Wednesday, July 9, 2014
In addition to directing Penn State Law's Family Law Clinic, I also teach our Family Law lecture course. As I graded the 53 essay exams from that course this May, I was struck by the responses to my exam question regarding custody. When asked to share legal and policy changes that would improve the custody law system's impact on children of divorce, an overwhelming majority of students opined that courts should require children of divorce to meet with a mental health counselor.
Most noteworthy about this groundswell of opinion, expressed in near lockstep during a traditional, don't-talk-to-or-even-look-at-each-other classroom exam, was that I did not teach them this legal remedy--at least not directly.

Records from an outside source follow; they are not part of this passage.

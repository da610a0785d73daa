-- ===== src/Event/TableMap/RoundTrip.antt =====
-- What a TableMapEvent is read back as.
use oblogproxy.Common.{
  drop_exact, ℕ, ◌+◌, ◌^◌, ◌<◌, ◌≡◌, refl, List, ◌∷◌, ◌++◌, none, some, length, arith, append_assoc,
  inl,
}
use oblogproxy.Bytes.{◌>>=◌, run, int1store, int2store, int6store}
use oblogproxy.Bytes.RoundTrip.{
  load_bytes-append, int1load-int1store, int2load-int2store, int6load-int6store,
}
use oblogproxy.Lenenc.{packet_store_length}
use oblogproxy.Lenenc.Agreement.{
  write_lenenc_uint-packet_store_length, get_lenenc_uint-packet_store_length,
}
use oblogproxy.Event.Header.{IsHeader, flush_header, deserialize_header-flush_header}
use oblogproxy.Event.Checksum.{write_checksum, write_checksum-append, checksum_bytes}
use oblogproxy.Event.Memory.{overlay-exact}
use oblogproxy.Event.Rows.{bitmap_len}
use oblogproxy.Event.Rows.RoundTrip.{copy_all}
use oblogproxy.Event.TableMap.{
  TableMapEvent, int32_max, body, flush_to_buff, read_body, deserialize,
}

pub record IsValid (e : TableMapEvent) (column_type metadata null_bits : List ℕ) : Type 0 where
  pub db_sized : length e.db_name ≡ e.db_len
  pub tb_sized : length e.tb_name ≡ e.tb_len
  pub types_there : e.column_type ≡ some column_type
  pub types_sized : length column_type ≡ e.column_count
  pub metadata_there : e.metadata ≡ some metadata
  pub metadata_sized : length metadata ≡ e.metadata_len
  pub bits_there : e.null_bits ≡ some null_bits
  pub bits_sized : length null_bits ≡ bitmap_len e.column_count
  pub header_fits : IsHeader e.header
  pub table_id_fits : e.table_id < 2 ^ 48
  pub flags_fit : e.flags < 2 ^ 16
  pub db_fits : e.db_len < 2 ^ 8
  pub tb_fits : e.tb_len < 2 ^ 8
  pub count_fits : e.column_count < 2 ^ 16
  pub metadata_fits : e.metadata_len < 2 ^ 16

-- What was written, in its parts.
abbrev pub parts : TableMapEvent → (column_type metadata null_bits : List ℕ) → List ℕ
parts e column_type metadata null_bits =
    int6store e.table_id
    ++ (int2store e.flags
        ++ (int1store e.db_len
            ++ (e.db_name
                ++ (0
                    ∷ (int1store e.tb_len
                        ++ (e.tb_name
                            ++ (0
                                ∷ (packet_store_length e.column_count
                                    ++ (column_type
                                        ++ (packet_store_length e.metadata_len
                                            ++ (metadata ++ null_bits)))))))))))

module _ (fresh : ℕ → List ℕ) (e : TableMapEvent) (column_type metadata null_bits : List ℕ)
    (v : IsValid e column_type metadata null_bits) where
  body-parts :
      ((n : ℕ) → length (fresh n) ≡ n)
      → body fresh e ≡ some (parts e column_type metadata null_bits)
  unfolding body
  body-parts sizes =
      rw
        (
          v.types_there,
          v.metadata_there,
          v.bits_there,
          copy_all column_type e.column_count v.types_sized,
          copy_all metadata e.metadata_len v.metadata_sized,
          copy_all null_bits (bitmap_len e.column_count) v.bits_sized,
          write_lenenc_uint-packet_store_length int32_max e.column_count (omega arith)
              (inl v.count_fits),
          write_lenenc_uint-packet_store_length int32_max e.metadata_len (omega arith)
              (inl v.metadata_fits),
          ← v.db_sized,
          ← v.tb_sized,
          overlay-exact fresh e.db_name (sizes (length e.db_name + 1)),
          overlay-exact fresh e.tb_name (sizes (length e.tb_name + 1)),
        )
        (simp append_assoc refl)

  read_body-parts :
      (rest : List ℕ)
      → run
          (read_body fresh e.checksum_flag e.header)
          (parts e column_type metadata null_bits ++ rest)
        ≡ some (record e {
          column_type = some (fresh e.metadata_len);
          metadata = none;
          null_bits = some (fresh (bitmap_len e.column_count));
        })
  unfolding read_body
  read_body-parts rest = simp append_assoc (
      rw (
        int6load-int6store e.table_id _ v.table_id_fits,
        run,
        ◌>>=◌,
        int2load-int2store e.flags _ v.flags_fit,
        ◌>>=◌,
        int1load-int1store e.db_len _ v.db_fits,
        ◌>>=◌,
        load_bytes-append e.db_len e.db_name _ v.db_sized,
        ◌>>=◌,
        int1load-int1store e.tb_len _ v.tb_fits,
        ◌>>=◌,
        load_bytes-append e.tb_len e.tb_name _ v.tb_sized,
        ◌>>=◌,
        get_lenenc_uint-packet_store_length e.column_count _ (omega (arith, v.count_fits)),
        ◌>>=◌,
        drop_exact e.column_count column_type _ v.types_sized,
        get_lenenc_uint-packet_store_length e.metadata_len _ (omega (arith, v.metadata_fits)),
        ◌>>=◌,
      ))

-- An event in range is written whole. It is read back without its column types, its metadata and
-- its null bits: the first and the last are memory that nothing was written to, as long as the
-- metadata and the bits, and the metadata is a null pointer.
pub deserialize-flush_to_buff_table_map :
    (fresh : ℕ → List ℕ) (crc32 : List ℕ → ℕ) (e : TableMapEvent)
    (column_type metadata null_bits rest : List ℕ)
    → ((n : ℕ) → length (fresh n) ≡ n)
    → IsValid e column_type metadata null_bits
    → (bs : List ℕ) × (flush_to_buff fresh crc32 e ≡ some bs)
      × (deserialize fresh e.checksum_flag (bs ++ rest)
          ≡ some (record e {
            column_type = some (fresh e.metadata_len);
            metadata = none;
            null_bits = some (fresh (bitmap_len e.column_count));
          }))
unfolding flush_to_buff deserialize
deserialize-flush_to_buff_table_map fresh crc32 e column_type metadata null_bits rest sizes v = (
  write_checksum crc32 e.checksum_flag
      (flush_header e.header ++ parts e column_type metadata null_bits),
  rw (body-parts fresh e column_type metadata null_bits v sizes) refl,
  rw (write_checksum-append crc32) (
      simp append_assoc (
        rw (deserialize_header-flush_header e.header _ v.header_fits, run, ◌>>=◌)
          (simp append_assoc at read_body-parts fresh e column_type metadata null_bits v (
            checksum_bytes crc32 e.checksum_flag
              (flush_header e.header ++ parts e column_type metadata null_bits)
            ++ rest)))),
)
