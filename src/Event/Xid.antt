-- ===== src/Event/Xid.antt =====
-- XidEvent.
use oblogproxy.Common.{ℕ, ◌+◌, ◌^◌, ◌<◌, ◌≡◌, ◌∙◌, sym, List, ◌++◌, Option, some, ◌==◌, eq→==}
use oblogproxy.Bytes.{Read, ◌>>=◌, ◌>>◌, pure, assert, run, int8store, int8load}
use oblogproxy.Bytes.RoundTrip.{int8load-int8store, length-int8store}
use oblogproxy.Event.Header.{
  OblogEventHeader, flush_header, deserialize_header, common_header_length,
}
use oblogproxy.Event.Checksum.{ObLogEvent, write_checksum, get_checksum_len}
use oblogproxy.Event.Framing.{IsEvent, run_framed}

pub record XidEvent : Type 0 where
  pub event : ObLogEvent
  pub open event use *
  pub xid : ℕ

pub flush_to_buff : (List ℕ → ℕ) → XidEvent → List ℕ
flush_to_buff crc32 e =
    write_checksum crc32 e.checksum_flag (flush_header e.header ++ int8store e.xid)

read_body : ℕ → OblogEventHeader → Read XidEvent
read_body flag header = do
  xid ← int8load
  let pos = common_header_length + 8 + get_checksum_len flag
  assert (pos == header.event_length)
  pure (record { event = record { header = header; checksum_flag = flag }; xid = xid })

-- `flag` is the checksum flag of the new event, which the configuration sets.
pub deserialize : ℕ → List ℕ → Option XidEvent
unfolding read_body
deserialize flag = run (deserialize_header >>= read_body flag)

pub record IsValid (e : XidEvent) : Type 0 where
  pub event_fits : IsEvent e.event 8
  pub xid_fits : e.xid < 2 ^ 64

-- An event in range whose length is set right is read back from what `flush_to_buff` wrote,
-- whatever follows it in the buffer.
pub deserialize-flush_to_buff_xid :
    (crc32 : List ℕ → ℕ) (e : XidEvent) (rest : List ℕ)
    → IsValid e
    → deserialize e.checksum_flag (flush_to_buff crc32 e ++ rest) ≡ some e
unfolding deserialize flush_to_buff
deserialize-flush_to_buff_xid crc32 e rest v =
    run_framed crc32 e.event (int8store e.xid) rest _ (rw length-int8store v.event_fits)
    ∙ rw (int8load-int8store e.xid _ v.xid_fits, run, ◌>>=◌, eq→== _ _ (sym v.event_fits.sized))
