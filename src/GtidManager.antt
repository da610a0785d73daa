-- ===== src/GtidManager.antt =====
-- binlog/gtid_manager.{h,cpp}: the sequence of GTID checkpoints of a tenant, in memory and in the
-- file binlog_tenant_gtid_seq.meta, and the sets of purged and of executed GTIDs.
pub mod Seq
pub mod Search
pub mod State
pub mod Restart
pub mod Reach
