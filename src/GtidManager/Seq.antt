-- ===== src/GtidManager/Seq.antt =====
-- `GtidSeq` of binlog/gtid_manager.{h,cpp} and its text.
use oblogproxy.Common.{ℕ, ◌^◌, ◌<◌, ◌≡◌, refl, ap, ◌∙◌, List, [], ◌∷◌, ◌++◌, false, All, arith}
use oblogproxy.Text.Split.{split, Inside, All-map, append-cons-ne-nil, split-joined}
use oblogproxy.Text.Decimal.{to_string, atoll, IsDigit, to_string-IsDigit, atoll-to_string}

pub record GtidSeq : Type 0 where
  pub commit_version_start : ℕ
  pub xid_start : List ℕ
  pub gtid_start : ℕ
  pub trxs_num : ℕ

-- `GtidSeq()`
abbrev pub no_gtid_seq : GtidSeq
no_gtid_seq = record { commit_version_start = 0; xid_start = []; gtid_start = 0; trxs_num = 0 }

unfoldable pub serialize : GtidSeq → List ℕ
serialize s =
    to_string s.commit_version_start
    ++ b'#' ∷ (s.xid_start ++ b'#' ∷ (to_string s.gtid_start ++ b'#' ∷ to_string s.trxs_num))

-- Four parts are the fields; with any other number the object stays as it is.
abbrev pub from_parts : GtidSeq → List (List ℕ) → GtidSeq
from_parts old (version ∷ xid ∷ gtid ∷ trxs ∷ []) = record {
  commit_version_start = atoll version;
  xid_start = xid;
  gtid_start = atoll gtid;
  trxs_num = atoll trxs;
}
from_parts old _ = old

unfoldable pub deserialize : GtidSeq → List ℕ → GtidSeq
deserialize old line = from_parts old (split line b'#' false)

-- A text without NUL and without the separator.
abbrev pub IsXid : List ℕ → Type 0
IsXid xid = All (Inside b'#') xid

-- The numbers are those that `atoll` reads.
pub record IsPrintable (s : GtidSeq) : Type 0 where
  pub version_fits : s.commit_version_start < 2 ^ 63
  pub gtid_fits : s.gtid_start < 2 ^ 63
  pub trxs_fits : s.trxs_num < 2 ^ 63
  pub xid_inside : IsXid s.xid_start

to_string-Inside : (n : ℕ) → All (Inside b'#') (to_string n)
to_string-Inside n =
    All-map IsDigit (Inside b'#') (to_string n) (λ b h. omega arith) (to_string-IsDigit n)

-- A GTID sequence whose numbers are below 2 ^ 63 and whose transaction id holds neither '#' nor NUL
-- is read back from its text, whatever the object held before.
pub deserialize-serialize : (old s : GtidSeq) → IsPrintable s → deserialize old (serialize s) ≡ s
unfolding deserialize serialize
deserialize-serialize old s p =
    ap (from_parts old) (
      split-joined b'#' (omega arith) (to_string s.commit_version_start)
        (s.xid_start ∷ to_string s.gtid_start ∷ to_string s.trxs_num ∷ [])
        (append-cons-ne-nil (to_string s.commit_version_start) _ b'#')
        (
          to_string-Inside s.commit_version_start,
          (p.xid_inside, (to_string-Inside s.gtid_start, (to_string-Inside s.trxs_num, tt))),
        ))
    ∙ rw
        (
          atoll-to_string s.commit_version_start p.version_fits,
          atoll-to_string s.gtid_start p.gtid_fits,
          atoll-to_string s.trxs_num p.trxs_fits,
        )
        refl
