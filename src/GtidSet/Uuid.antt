-- ===== src/GtidSet/Uuid.antt =====
-- The text of a UUID: `uuid_hex_bin_to_str_with_delim` and `uuid_str_to_hex_bin` of
-- binlog/ob_log_event.cpp, with `dumphex` of common/common.cpp and `hex_to_bin` of
-- binlog/common_util.h.
pub mod Hex
pub mod RoundTrip
use oblogproxy.Common.{
  ℕ, zero, suc, ◌+◌, ◌-◌, ◌*◌, ◌/◌, ◌%◌, ◌^◌, List, [], ◌∷◌, ◌++◌, map, Bool, true, false, ◌&&◌,
  ◌||◌, if◌then◌else◌, ltb, leb, ◌==◌, Option, none, some, length, take, drop,
}
use oblogproxy.Text.Split.{split, eqb}
use oblogproxy.Text.Decimal.{skip_space}
use oblogproxy.Event.Memory.{c_string}

abbrev pub hex_digit : ℕ → ℕ
hex_digit n = if ltb n 10 then b'0' + n else b'A' + n - 10

unfoldable pub dumphex : List ℕ → List ℕ
dumphex [] = []
dumphex (b ∷ bs) = hex_digit (b / 16) ∷ hex_digit (b % 16) ∷ dumphex bs

-- `tolower` in the C locale.
abbrev pub to_lower : ℕ → ℕ
to_lower c = if leb b'A' c && leb c b'Z' then c + 32 else c

-- The five pieces of the text with '-' between them.
abbrev pub delimited : List ℕ → List ℕ
delimited text =
    take 8 text
    ++ b'-'
      ∷ (take 4 (drop 8 text)
          ++ b'-'
            ∷ (take 4 (drop 12 text)
                ++ b'-' ∷ (take 4 (drop 16 text) ++ b'-' ∷ take 12 (drop 20 text))))

unfoldable pub uuid_hex_bin_to_str_with_delim : List ℕ → List ℕ
unfolding dumphex
uuid_hex_bin_to_str_with_delim uuid = delimited (map to_lower (dumphex (take 16 uuid)))

-- The value of a hexadecimal digit, of either case.
abbrev pub hex_value : ℕ → Option ℕ
hex_value c =
    if leb b'0' c && leb c b'9'
    then some (c - b'0')
    else if leb b'a' c && leb c b'f'
    then some (c - b'a' + 10)
    else if leb b'A' c && leb c b'F'
    then some (c - b'A' + 10)
    else none

-- The digits that lead a text, behind the value read so far.
unfoldable pub read_hex : ℕ → List ℕ → ℕ
read_hex n [] = n
read_hex n (c ∷ s) = elim (hex_value c) [ none ↦ n | some d ↦ read_hex (n * 16 + d) s ]

-- `>> std::hex >> element` on two characters, and the low byte of the result: 0 where no digit
-- stands.
abbrev pub element_of : List ℕ → ℕ
element_of [] = 0
element_of (c ∷ rest) =
    if c == b'-'
    then (2 ^ 32 - read_hex 0 rest) % 2 ^ 32 % 256
    else if c == b'+'
    then read_hex 0 rest % 256
    else read_hex 0 (c ∷ rest) % 256

unfoldable pub hex_element : List ℕ → ℕ
unfolding read_hex skip_space
hex_element s = element_of (skip_space s)

unfoldable pub hex_to_bin : List ℕ → List ℕ
unfolding hex_element
hex_to_bin [] = []
hex_to_bin (c ∷ []) = hex_element (c ∷ []) ∷ []
hex_to_bin (c ∷ d ∷ s) = hex_element (c ∷ d ∷ []) ∷ hex_to_bin s

-- The 16 bytes of five parts. Each part is written at its place: `none` is a part of another length,
-- which leaves memory as it came from `malloc`, or writes past it.
abbrev pub uuid_of_parts : List (List ℕ) → Option (List ℕ)
uuid_of_parts (p ∷ q ∷ r ∷ s ∷ t ∷ []) =
    if ((length p == 8) && (length q == 4))
      && (((length r == 4) && (length s == 4)) && (length t == 12))
    then some (hex_to_bin p ++ (hex_to_bin q ++ (hex_to_bin r ++ (hex_to_bin s ++ hex_to_bin t))))
    else none
uuid_of_parts _ = none

-- `none` is OMS_FAILED too.
unfoldable pub uuid_str_to_hex_bin : List ℕ → Option (List ℕ)
unfolding split hex_to_bin
uuid_str_to_hex_bin text = uuid_of_parts (split text b'-' false)

-- `strcasecmp` of two C strings: are they equal up to case?
unfoldable pub same_but_case : List ℕ → List ℕ → Bool
unfolding eqb c_string
same_but_case s t = eqb (map to_lower (c_string s)) (map to_lower (c_string t))
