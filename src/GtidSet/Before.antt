-- ===== src/GtidSet/Before.antt =====
-- `merge_gtid_before` of binlog/gtid_manager.cpp: the entry of the server takes in a range.
use Prim.Native.Nat.{max}
use oblogproxy.Common.{
  ℕ, ◌+◌, ◌%◌, ◌^◌, ◌≤◌, ◌<◌, ◌≡◌, refl, ap, ◌∙◌, List, [], ◌∷◌, ◌++◌, Bool, true, false, not, ◌&&◌,
  ◌||◌, if◌then◌else◌, ltb, leb, none, some, length, All, arith,
}
use oblogproxy.GtidSet.Message.{TxnRange, GtidMessage, covers}
use oblogproxy.GtidSet.Uuid.{uuid_hex_bin_to_str_with_delim, uuid_str_to_hex_bin, same_but_case}

-- The ranges of an entry with the new range taken in. Only the last range is looked at.
unfoldable pub take_in : TxnRange → List TxnRange → List TxnRange
take_in range [] = range ∷ []
take_in range (last ∷ []) =
    if ltb ((last.1 + 1) % 2 ^ 64) range.0
    then last ∷ range ∷ []
    else if ltb last.1 range.1
    then (last.0, range.1) ∷ []
    else last ∷ []
take_in range (r ∷ s ∷ rs) = r ∷ take_in range (s ∷ rs)

-- Is this the entry of the server?
unfoldable pub is_of : List ℕ → GtidMessage → Bool
unfolding uuid_hex_bin_to_str_with_delim same_but_case
is_of server_uuid m = same_but_case (uuid_hex_bin_to_str_with_delim m.gtid_uuid) server_uuid

unfoldable pub update_entry : TxnRange → GtidMessage → GtidMessage
unfolding take_in
update_entry range m = record {
  gtid_uuid = m.gtid_uuid;
  gtid_txn_id_intervals = length (take_in range m.txn_range);
  txn_range = take_in range m.txn_range;
}

-- The loop: the entries afterwards, and whether one is the server's.
unfoldable pub update_entries : List ℕ → TxnRange → List GtidMessage → List GtidMessage × Bool
unfolding is_of update_entry
update_entries server_uuid range [] = ([], false)
update_entries server_uuid range (m ∷ ms) =
    let (rest, existed) = update_entries server_uuid range ms in
    if is_of server_uuid m then (update_entry range m ∷ rest, true) else (m ∷ rest, existed)

-- No bytes where the UUID of the server cannot be read.
abbrev pub uuid_bytes : List ℕ → List ℕ
uuid_bytes server_uuid = elim (uuid_str_to_hex_bin server_uuid) [ none ↦ [] | some uuid ↦ uuid ]

unfoldable pub merge_gtid_before : List ℕ → List GtidMessage → TxnRange → List GtidMessage
unfolding update_entries uuid_str_to_hex_bin
merge_gtid_before server_uuid set range =
    let (ms, existed) = update_entries server_uuid range set in
    if not existed && (ltb 0 range.0 && ltb 0 range.1)
    then ms
      ++ record {
        gtid_uuid = uuid_bytes server_uuid;
        gtid_txn_id_intervals = 1;
        txn_range = range ∷ [];
      }
        ∷ []
    else ms

-- The last range is extended, or another one stands behind it.
take_in-last :
    (x first second : ℕ) (last : TxnRange)
    → last.0 ≤ last.1
    → last.1 + 1 < 2 ^ 64
    → covers x (take_in (first, second) (last ∷ []))
      ≡ (covers x (last ∷ []) || (leb (max first (last.1 + 1)) x && leb x second))
unfolding take_in
take_in-last x first second last ordered fits = ground arith

take_in-cons :
    (range r : TxnRange) (rs : List TxnRange) (last : TxnRange)
    → take_in range (r ∷ (rs ++ last ∷ [])) ≡ r ∷ take_in range (rs ++ last ∷ [])
unfolding take_in
take_in-cons range r [] last = refl
take_in-cons range r (s ∷ rs) last = refl

or_assoc : (a b c : Bool) → (a || (b || c)) ≡ ((a || b) || c)
or_assoc true b c = refl
or_assoc false b c = refl

take_in-covers :
    (x first second : ℕ) (rs : List TxnRange) (last : TxnRange)
    → last.0 ≤ last.1
    → last.1 + 1 < 2 ^ 64
    → covers x (take_in (first, second) (rs ++ last ∷ []))
      ≡ (covers x (rs ++ last ∷ []) || (leb (max first (last.1 + 1)) x && leb x second))
take_in-covers x first second [] last ordered fits = take_in-last x first second last ordered fits
take_in-covers x first second (r ∷ rs) last ordered fits =
    ap (covers x) (take_in-cons (first, second) r rs last)
    ∙ ap (λ b. (leb r.0 x && leb x r.1) || b) (take_in-covers x first second rs last ordered fits)
    ∙ or_assoc (leb r.0 x && leb x r.1) (covers x (rs ++ last ∷ [])) _

-- No entry is the server's.
abbrev pub Others : List ℕ → List GtidMessage → Type 0
Others server_uuid ms = All (λ m. is_of server_uuid m ≡ false) ms

module _ (server_uuid : List ℕ) (range : TxnRange) where
  update_entries-Others :
      (ms : List GtidMessage)
      → Others server_uuid ms
      → update_entries server_uuid range ms ≡ (ms, false)
  unfolding update_entries
  update_entries-Others [] h = refl
  update_entries-Others (m ∷ ms) (h, hs) = rw (update_entries-Others ms hs, h) refl

  update_entries-one :
      (before after : List GtidMessage) (m : GtidMessage)
      → Others server_uuid before
      → is_of server_uuid m ≡ true
      → Others server_uuid after
      → update_entries server_uuid range (before ++ m ∷ after)
        ≡ (before ++ update_entry range m ∷ after, true)
  unfolding update_entries
  update_entries-one [] after m hb h ha = rw (update_entries-Others after ha, h) refl
  update_entries-one (b ∷ before) after m (hb, hbs) h ha =
      rw (update_entries-one before after m hbs h ha, hb) refl

-- If one entry of the set is the server's, and its last range is a range of ids, then the other
-- entries stay, and that entry, with its number of ranges, has the ids that it had and those of the
-- new range that are behind its last one: ids in front of that are not taken in.
pub merge_gtid_before-covers :
    (server_uuid : List ℕ) (first second : ℕ) (before after : List GtidMessage) (m : GtidMessage)
    (rs : List TxnRange) (last : TxnRange)
    → Others server_uuid before
    → is_of server_uuid m ≡ true
    → Others server_uuid after
    → m.txn_range ≡ rs ++ last ∷ []
    → last.0 ≤ last.1
    → last.1 + 1 < 2 ^ 64
    → (m' : GtidMessage) × (merge_gtid_before server_uuid (before ++ m ∷ after) (first, second)
        ≡ before ++ m' ∷ after)
      × (m'.gtid_uuid ≡ m.gtid_uuid)
      × (m'.gtid_txn_id_intervals ≡ length m'.txn_range)
      × ((x : ℕ)
          → covers x m'.txn_range
            ≡ (covers x m.txn_range || (leb (max first (last.1 + 1)) x && leb x second)))
unfolding merge_gtid_before update_entry
merge_gtid_before-covers server_uuid first second before after m rs last hb h ha e ordered fits = (
  update_entry (first, second) m,
  rw (update_entries-one server_uuid (first, second) before after m hb h ha) refl,
  refl,
  refl,
  λ x. rw e (take_in-covers x first second rs last ordered fits),
)

-- If no entry is the server's, a range of ids is a new entry.
merge_gtid_before-new :
    (server_uuid : List ℕ) (first second : ℕ) (ms : List GtidMessage)
    → Others server_uuid ms
    → 0 < first
    → first ≤ second
    → merge_gtid_before server_uuid ms (first, second)
      ≡ ms
        ++ record {
          gtid_uuid = uuid_bytes server_uuid;
          gtid_txn_id_intervals = 1;
          txn_range = (first, second) ∷ [];
        }
          ∷ []
unfolding merge_gtid_before
merge_gtid_before-new server_uuid first second ms h positive le =
    rw (update_entries-Others server_uuid (first, second) ms h) (ground arith)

The casebook I use, Weisberg and Appleton's Modern Family Law, certainly covers the use of "special participants" in custody proceedings. Along with guardians ad litem, custody evaluators, and mediators, mental health professionals are referenced in several cases and notes in the book. Nowhere, however, does the book suggest or ask readers to consider whether parents should be ordered to have their children seek therapy. Neither do I in my teaching--although frankly I think it is a sound and thoughtful policy idea, regardless of whether it would, could or should be legally mandated.
These students organically generated the mass "discussion" that played out in my brain as I read response after response saying virtually the same thing--children of divorce need to process the trauma that divorce brings to their lives. The latter concept--the trauma of divorce--I did teach directly. The casebook covers it in some detail, including empirical data that raises more questions than it answers. And my delivery in class stressed that. The experts cannot agree. The courts cannot agree. Comparing systems state by state, county by county, and sometimes even judge by judge, yields a dizzying array of approaches, policies, mandates and procedures just on the issue of utilizing experts in custody cases, not to mention the achingly unhelpful "best interets" standard.
Thus I was struck again a few weeks ago as I delved into the Association of Family and Conciliation Court's April 2014 edition of The Family Court Review. It is a special issue dedicated to "Closing the Gap" on "Research, Policy, Practice, and Shared Parenting." Yet as articulated by Dr. Sanford Braver, professor emeritus of psychology at Arizona State whose research has focused for decades on divorcing families, the AFCC's special issue "fails to say very much" and leaves the reader with the message that "the issue of shared parenting is a really good question, but we cannot, at this point at least, agree on how to advise you."
Braver is right on that point. I am not sure whether I agree with his bolder assertion which follows, that shared parenting should be the jumping off point for custody courts. What I am sure of is that come August, I will teach my clinic students about custody law by sharing these twin concepts: custody law is mercurial at best, and discussing the potential involvement of mental health professionals with client's lives, regardless of whether it is part of a court-based process, is sound legal advice for a family lawyer swimming through these murky waters.